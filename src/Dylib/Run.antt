-- ===== src/Dylib/Run.antt =====
-- The opcode interpreters of src/macho_dylib.c: functions that return nothing, and whose loop takes
-- opcodes off a range of bytes.
pub mod Fuel
use mac_ify.Fixups.Leb.{read_uleb128, read_sleb128}
use mac_ify.Prelude.{ℕ, zero, suc, List, Option, none, some}

-- An opcode leads on, returns, or shifts by 64 or more, which C leaves undefined. `stuck` is no value
-- of the program: the loop ran out of fuel.
pub data Run (S : Type 0) : Type 0 where
  next : S → Run S
  returned : S → Run S
  undefined : Run S
  stuck : Run S

infixl 5 ◌>>=◌
abbrev pub ◌>>=◌ : {S : Type 0} → Run S → (S → Run S) → Run S
next s >>= k = k s
returned s >>= k = returned s
undefined >>= k = undefined
stuck >>= k = stuck

-- A ULEB128 operand at the front of `p`, and what is left of `p` after it.
unfoldable pub uleb_operand : {S : Type 0} → List ℕ → (ℕ → List ℕ → Run S) → Run S
uleb_operand p k = elim (read_uleb128 p) [ none ↦ undefined | some (v, q) ↦ k v q ]

unfoldable pub sleb_operand : {S : Type 0} → List ℕ → (ℕ → List ℕ → Run S) → Run S
sleb_operand p k = elim (read_sleb128 p) [ none ↦ undefined | some (v, q) ↦ k v q ]

unfoldable pub run_loop : {S : Type 0} → ℕ → (S → Run S) → S → Run S
run_loop zero step s = stuck
run_loop (suc fuel) step s = step s >>= λ s'. run_loop fuel step s'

• [AIM OF THE TASK]:
For this exercise, transcribe all the records exactly.

• [EXERCISE ANSWER]:
filename src/Dylib/Run.antt
-- ===== src/Dylib/Run.antt =====
-- The opcode interpreters of src/macho_dylib.c: functions that return nothing, and whose loop takes
-- opcodes off a range of bytes.
pub mod Fuel
use mac_ify.Fixups.Leb.{read_uleb128, read_sleb128}
use mac_ify.Prelude.{ℕ, zero, suc, List, Option, none, some}

-- An opcode leads on, returns, or shifts by 64 or more, which C leaves undefined. `stuck` is no value
-- of the program: the loop ran out of fuel.
pub data Run (S : Type 0) : Type 0 where
  next : S → Run S
  returned : S → Run S
  undefined : Run S
  stuck : Run S

infixl 5 ◌>>=◌
abbrev pub ◌>>=◌ : {S : Type 0} → Run S → (S → Run S) → Run S
next s >>= k = k s
returned s >>= k = returned s
undefined >>= k = undefined
stuck >>= k = stuck

-- A ULEB128 operand at the front of `p`, and what is left of `p` after it.
unfoldable pub uleb_operand : {S : Type 0} → List ℕ → (ℕ → List ℕ → Run S) → Run S
uleb_operand p k = elim (read_uleb128 p) [ none ↦ undefined | some (v, q) ↦ k v q ]

unfoldable pub sleb_operand : {S : Type 0} → List ℕ → (ℕ → List ℕ → Run S) → Run S
sleb_operand p k = elim (read_sleb128 p) [ none ↦ undefined | some (v, q) ↦ k v q ]

unfoldable pub run_loop : {S : Type 0} → ℕ → (S → Run S) → S → Run S
run_loop zero step s = stuck
run_loop (suc fuel) step s = step s >>= λ s'. run_loop fuel step s'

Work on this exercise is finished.